TASK OBJECTIVE: Set down each entry exactly as it stands, without altering a single character.

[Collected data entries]
◇ ◇ ◇ ◇
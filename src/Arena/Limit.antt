-- ===== src/Arena/Limit.antt =====
-- How many pages are purged when a deadline has been reached.
use nvalloc.Prelude.{
  ℕ, ◌+◌, ◌-◌, ◌*◌, ◌^◌, ◌≤◌, ◌<◌, ◌≡◌, Option, some, none, List, [], ◌∷◌, arith, if◌then◌else◌,
  zero, suc, ◌%◌, ◌/◌, refl, sym, ap, ◌∙◌, length, get_or, ltb, ltb→lt, inl, inr, Bool-cases,
}
use nvalloc.Arena.Decay.{
  ArenaDecay, smoothstep_nsteps, smoothstep_bfp, weighted, arena_decay_backlog_npages_limit,
  arena_decay_epoch_advance,
}
use nvalloc.Arena.Backlog.{IsDecay, Shifted, advanced, arena_decay_epoch_advance_helper-Advanced}

abbrev pub total : List ℕ → ℕ
total [] = 0
total (b ∷ bs) = b + total bs

-- no weight is more than one
abbrev pub AreWeights : List ℕ → Type 0
AreWeights [] = Unit
AreWeights (h ∷ hs) = (h ≤ 2 ^ smoothstep_bfp) × AreWeights hs

weighted-le : (bs hs : List ℕ) → AreWeights hs → weighted bs hs ≤ total bs * 2 ^ smoothstep_bfp
unfolding weighted
weighted-le [] hs h = omega arith
weighted-le (b ∷ bs) [] h = omega arith
weighted-le (b ∷ bs) (w ∷ hs) (le, h) =
    let this : b * w ≤ b * 2 ^ smoothstep_bfp = grind arith in
    omega (arith, this, weighted-le bs hs h)

npages_limit-le :
    (hs : List ℕ)
    → AreWeights hs
    → (d : ArenaDecay) → arena_decay_backlog_npages_limit hs d ≤ total d.backlog
unfolding arena_decay_backlog_npages_limit
npages_limit-le hs h d = omega (arith, weighted-le d.backlog hs h)

-- the sum of `f i` for all `i` below `n`
abbrev pub sum_to : ℕ → (ℕ → ℕ) → ℕ
sum_to zero f = 0
sum_to (suc n) f = f 0 + sum_to n (λ i. f (suc i))

-- the pages of each step by the weight of its place
abbrev pub curve_sum : List ℕ → List ℕ → ℕ → ℕ
curve_sum backlog h_steps n = sum_to n (λ i. get_or backlog i 0 * get_or h_steps i 0)

-- how many pages the curve lets stay, as a whole number of `uint64_t`
abbrev pub may_stay : List ℕ → List ℕ → ℕ
may_stay h_steps backlog = curve_sum backlog h_steps smoothstep_nsteps % 2 ^ 64 / 2 ^ smoothstep_bfp

sum_to-none : (n : ℕ) (f : ℕ → ℕ) → sum_to n (λ i. f i * 0) ≡ 0
sum_to-none zero f = refl
sum_to-none (suc n) f = omega (arith, sum_to-none n (λ i. f (suc i)))

weighted-curve_sum : (bs hs : List ℕ) → weighted bs hs ≡ curve_sum bs hs (length bs)
unfolding weighted
weighted-curve_sum [] hs = refl
weighted-curve_sum (b ∷ bs) [] = sym (sum_to-none (length (b ∷ bs)) (λ i. get_or (b ∷ bs) i 0))
weighted-curve_sum (b ∷ bs) (h ∷ hs) = ap (λ n. b * h + n) (weighted-curve_sum bs hs)

npages_limit-may_stay :
    (hs : List ℕ) (d : ArenaDecay)
    → length d.backlog ≡ smoothstep_nsteps
    → arena_decay_backlog_npages_limit hs d ≡ may_stay hs d.backlog
unfolding arena_decay_backlog_npages_limit
npages_limit-may_stay hs d full =
    ap (λ n. n % 2 ^ 64 / 2 ^ smoothstep_bfp)
      (weighted-curve_sum d.backlog hs ∙ ap (curve_sum d.backlog hs) full)

-- the limit and the pages above it, if there are any
abbrev pub over : ℕ → ℕ → Option (ℕ × ℕ)
over limit current = if ltb limit current then some (limit, current - limit) else none

-- what is decided when a deadline has been reached
pub record Decided (h_steps : List ℕ) (d : ArenaDecay) (time jitter current : ℕ) (d' : ArenaDecay)
    (purge : Option (ℕ × ℕ)) : Type 0 where
  pub result : arena_decay_epoch_advance h_steps d time jitter current ≡ some (d', purge)
  pub inv : IsDecay d'
  pub later : time < d'.deadline
  pub whole : d'.epoch ≡ d.epoch + d.interval * advanced d time jitter current
  pub shift : Shifted d (advanced d time jitter current) current d'
  pub decided : purge ≡ over (may_stay h_steps d'.backlog) current
  pub low : may_stay h_steps d'.backlog ≤ total d'.backlog
  pub kept :
      d'.nunpurged
      ≡ (if ltb current (may_stay h_steps d'.backlog) then may_stay h_steps d'.backlog else current)
  pub purged :
      (limit count : ℕ)
      → purge ≡ some (limit, count)
      → (limit + count ≡ current) × (limit ≤ total d'.backlog) × (0 < count)

module _ (h_steps : List ℕ) (weights : AreWeights h_steps) (d : ArenaDecay)
    (time jitter current : ℕ) (is : IsDecay d) (reached : d.deadline ≤ time) where
  -- At a time not before the deadline the epoch goes on by whole intervals and the backlog moves by as many
  -- places. The limit is the sum of the pages of every step of the new backlog by the weight of its
  -- place, as a number of 64 bits without its fraction. Where there are more pages than the limit, those
  -- above it are to be purged, and else none; the larger of both counts as not purged. Where no weight of
  -- the curve is more than one, the limit is no more than the backlog has in all.
  pub arena_decay_epoch_advance-Decided :
      (d' : ArenaDecay) × (purge : Option (ℕ × ℕ)) × Decided h_steps d time jitter current d' purge
  unfolding arena_decay_epoch_advance
  arena_decay_epoch_advance-Decided =
      let (d1, a) = arena_decay_epoch_advance_helper-Advanced d time jitter current is reached in
      let limit : ℕ = arena_decay_backlog_npages_limit h_steps d1 in
      let tied : limit ≡ may_stay h_steps d1.backlog =
        npages_limit-may_stay h_steps d1 a.inv.steps in
      let low : limit ≤ total d1.backlog = npages_limit-le h_steps weights d1 in
      let next : ArenaDecay = record d1 {
        nunpurged = if ltb current limit then limit else current;
      } in
      (
        next,
        over limit current,
        record {
          result = rw a.result;
          inv = record { steps = a.inv.steps; ticks = a.inv.ticks; ahead = a.inv.ahead };
          later = a.later;
          whole = a.whole;
          shift = record { steps = a.shift.steps; last = a.shift.last; moved = a.shift.moved };
          decided = ap (λ n. over n current) tied;
          low = rw (sym tied) low;
          kept = ap (λ n. if ltb current n then n else current) tied;
          purged = λ l c e. bounds limit (total d1.backlog) low l c e;
        },
      )
    where
      bounds :
          (limit most : ℕ)
          → limit ≤ most
          → (l c : ℕ) → over limit current ≡ some (l, c)
          → (l + c ≡ current) × (l ≤ most) × (0 < c)
      bounds limit most low l c e = elim (Bool-cases (ltb limit current)) [
        | inl q ↦
            let lt = ltb→lt limit current q in
            let same : some (limit, current - limit) ≡ some (l, c) = rw q at e in
            let l_is : limit ≡ l = cc in
            let c_is : current - limit ≡ c = cc in (omega arith, omega arith, omega arith)
        | inr q ↦ cc (q, e)
      ]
◇ ◇ ◇ ◇
ANSWER SPACE:
filename src/Arena/Limit.antt
-- ===== src/Arena/Limit.antt =====
-- How many pages are purged when a deadline has been reached.
use nvalloc.Prelude.{
  ℕ, ◌+◌, ◌-◌, ◌*◌, ◌^◌, ◌≤◌, ◌<◌, ◌≡◌, Option, some, none, List, [], ◌∷◌, arith, if◌then◌else◌,
  zero, suc, ◌%◌, ◌/◌, refl, sym, ap, ◌∙◌, length, get_or, ltb, ltb→lt, inl, inr, Bool-cases,
}
use nvalloc.Arena.Decay.{
  ArenaDecay, smoothstep_nsteps, smoothstep_bfp, weighted, arena_decay_backlog_npages_limit,
  arena_decay_epoch_advance,
}
use nvalloc.Arena.Backlog.{IsDecay, Shifted, advanced, arena_decay_epoch_advance_helper-Advanced}

abbrev pub total : List ℕ → ℕ
total [] = 0
total (b ∷ bs) = b + total bs

-- no weight is more than one
abbrev pub AreWeights : List ℕ → Type 0
AreWeights [] = Unit
AreWeights (h ∷ hs) = (h ≤ 2 ^ smoothstep_bfp) × AreWeights hs

weighted-le : (bs hs : List ℕ) → AreWeights hs → weighted bs hs ≤ total bs * 2 ^ smoothstep_bfp
unfolding weighted
weighted-le [] hs h = omega arith
weighted-le (b ∷ bs) [] h = omega arith
weighted-le (b ∷ bs) (w ∷ hs) (le, h) =
    let this : b * w ≤ b * 2 ^ smoothstep_bfp = grind arith in
    omega (arith, this, weighted-le bs hs h)

npages_limit-le :
    (hs : List ℕ)
    → AreWeights hs
    → (d : ArenaDecay) → arena_decay_backlog_npages_limit hs d ≤ total d.backlog
unfolding arena_decay_backlog_npages_limit
npages_limit-le hs h d = omega (arith, weighted-le d.backlog hs h)

-- the sum of `f i` for all `i` below `n`
abbrev pub sum_to : ℕ → (ℕ → ℕ) → ℕ
sum_to zero f = 0
sum_to (suc n) f = f 0 + sum_to n (λ i. f (suc i))

-- the pages of each step by the weight of its place
abbrev pub curve_sum : List ℕ → List ℕ → ℕ → ℕ
curve_sum backlog h_steps n = sum_to n (λ i. get_or backlog i 0 * get_or h_steps i 0)

-- how many pages the curve lets stay, as a whole number of `uint64_t`
abbrev pub may_stay : List ℕ → List ℕ → ℕ
may_stay h_steps backlog = curve_sum backlog h_steps smoothstep_nsteps % 2 ^ 64 / 2 ^ smoothstep_bfp

sum_to-none : (n : ℕ) (f : ℕ → ℕ) → sum_to n (λ i. f i * 0) ≡ 0
sum_to-none zero f = refl
sum_to-none (suc n) f = omega (arith, sum_to-none n (λ i. f (suc i)))

weighted-curve_sum : (bs hs : List ℕ) → weighted bs hs ≡ curve_sum bs hs (length bs)
unfolding weighted
weighted-curve_sum [] hs = refl
weighted-curve_sum (b ∷ bs) [] = sym (sum_to-none (length (b ∷ bs)) (λ i. get_or (b ∷ bs) i 0))
weighted-curve_sum (b ∷ bs) (h ∷ hs) = ap (λ n. b * h + n) (weighted-curve_sum bs hs)

npages_limit-may_stay :
    (hs : List ℕ) (d : ArenaDecay)
    → length d.backlog ≡ smoothstep_nsteps
    → arena_decay_backlog_npages_limit hs d ≡ may_stay hs d.backlog
unfolding arena_decay_backlog_npages_limit
npages_limit-may_stay hs d full =
    ap (λ n. n % 2 ^ 64 / 2 ^ smoothstep_bfp)
      (weighted-curve_sum d.backlog hs ∙ ap (curve_sum d.backlog hs) full)

-- the limit and the pages above it, if there are any
abbrev pub over : ℕ → ℕ → Option (ℕ × ℕ)
over limit current = if ltb limit current then some (limit, current - limit) else none

-- what is decided when a deadline has been reached
pub record Decided (h_steps : List ℕ) (d : ArenaDecay) (time jitter current : ℕ) (d' : ArenaDecay)
    (purge : Option (ℕ × ℕ)) : Type 0 where
  pub result : arena_decay_epoch_advance h_steps d time jitter current ≡ some (d', purge)
  pub inv : IsDecay d'
  pub later : time < d'.deadline
  pub whole : d'.epoch ≡ d.epoch + d.interval * advanced d time jitter current
  pub shift : Shifted d (advanced d time jitter current) current d'
  pub decided : purge ≡ over (may_stay h_steps d'.backlog) current
  pub low : may_stay h_steps d'.backlog ≤ total d'.backlog
  pub kept :
      d'.nunpurged
      ≡ (if ltb current (may_stay h_steps d'.backlog) then may_stay h_steps d'.backlog else current)
  pub purged :
      (limit count : ℕ)
      → purge ≡ some (limit, count)
      → (limit + count ≡ current) × (limit ≤ total d'.backlog) × (0 < count)

module _ (h_steps : List ℕ) (weights : AreWeights h_steps) (d : ArenaDecay)
    (time jitter current : ℕ) (is : IsDecay d) (reached : d.deadline ≤ time) where
  -- At a time not before the deadline the epoch goes on by whole intervals and the backlog moves by as many
  -- places. The limit is the sum of the pages of every step of the new backlog by the weight of its
  -- place, as a number of 64 bits without its fraction. Where there are more pages than the limit, those
  -- above it are to be purged, and else none; the larger of both counts as not purged. Where no weight of
  -- the curve is more than one, the limit is no more than the backlog has in all.
  pub arena_decay_epoch_advance-Decided :
      (d' : ArenaDecay) × (purge : Option (ℕ × ℕ)) × Decided h_steps d time jitter current d' purge
  unfolding arena_decay_epoch_advance
  arena_decay_epoch_advance-Decided =
      let (d1, a) = arena_decay_epoch_advance_helper-Advanced d time jitter current is reached in
      let limit : ℕ = arena_decay_backlog_npages_limit h_steps d1 in
      let tied : limit ≡ may_stay h_steps d1.backlog =
        npages_limit-may_stay h_steps d1 a.inv.steps in
      let low : limit ≤ total d1.backlog = npages_limit-le h_steps weights d1 in
      let next : ArenaDecay = record d1 {
        nunpurged = if ltb current limit then limit else current;
      } in
      (
        next,
        over limit current,
        record {
          result = rw a.result;
          inv = record { steps = a.inv.steps; ticks = a.inv.ticks; ahead = a.inv.ahead };
          later = a.later;
          whole = a.whole;
          shift = record { steps = a.shift.steps; last = a.shift.last; moved = a.shift.moved };
          decided = ap (λ n. over n current) tied;
          low = rw (sym tied) low;
          kept = ap (λ n. if ltb current n then n else current) tied;
          purged = λ l c e. bounds limit (total d1.backlog) low l c e;
        },
      )
    where
      bounds :
          (limit most : ℕ)
          → limit ≤ most
          → (l c : ℕ) → over limit current ≡ some (l, c)
          → (l + c ≡ current) × (l ≤ most) × (0 < c)
      bounds limit most low l c e = elim (Bool-cases (ltb limit current)) [
        | inl q ↦
            let lt = ltb→lt limit current q in
            let same : some (limit, current - limit) ≡ some (l, c) = rw q at e in
            let l_is : limit ≡ l = cc in
            let c_is : current - limit ≡ c = cc in (omega arith, omega arith, omega arith)
        | inr q ↦ cc (q, e)
      ]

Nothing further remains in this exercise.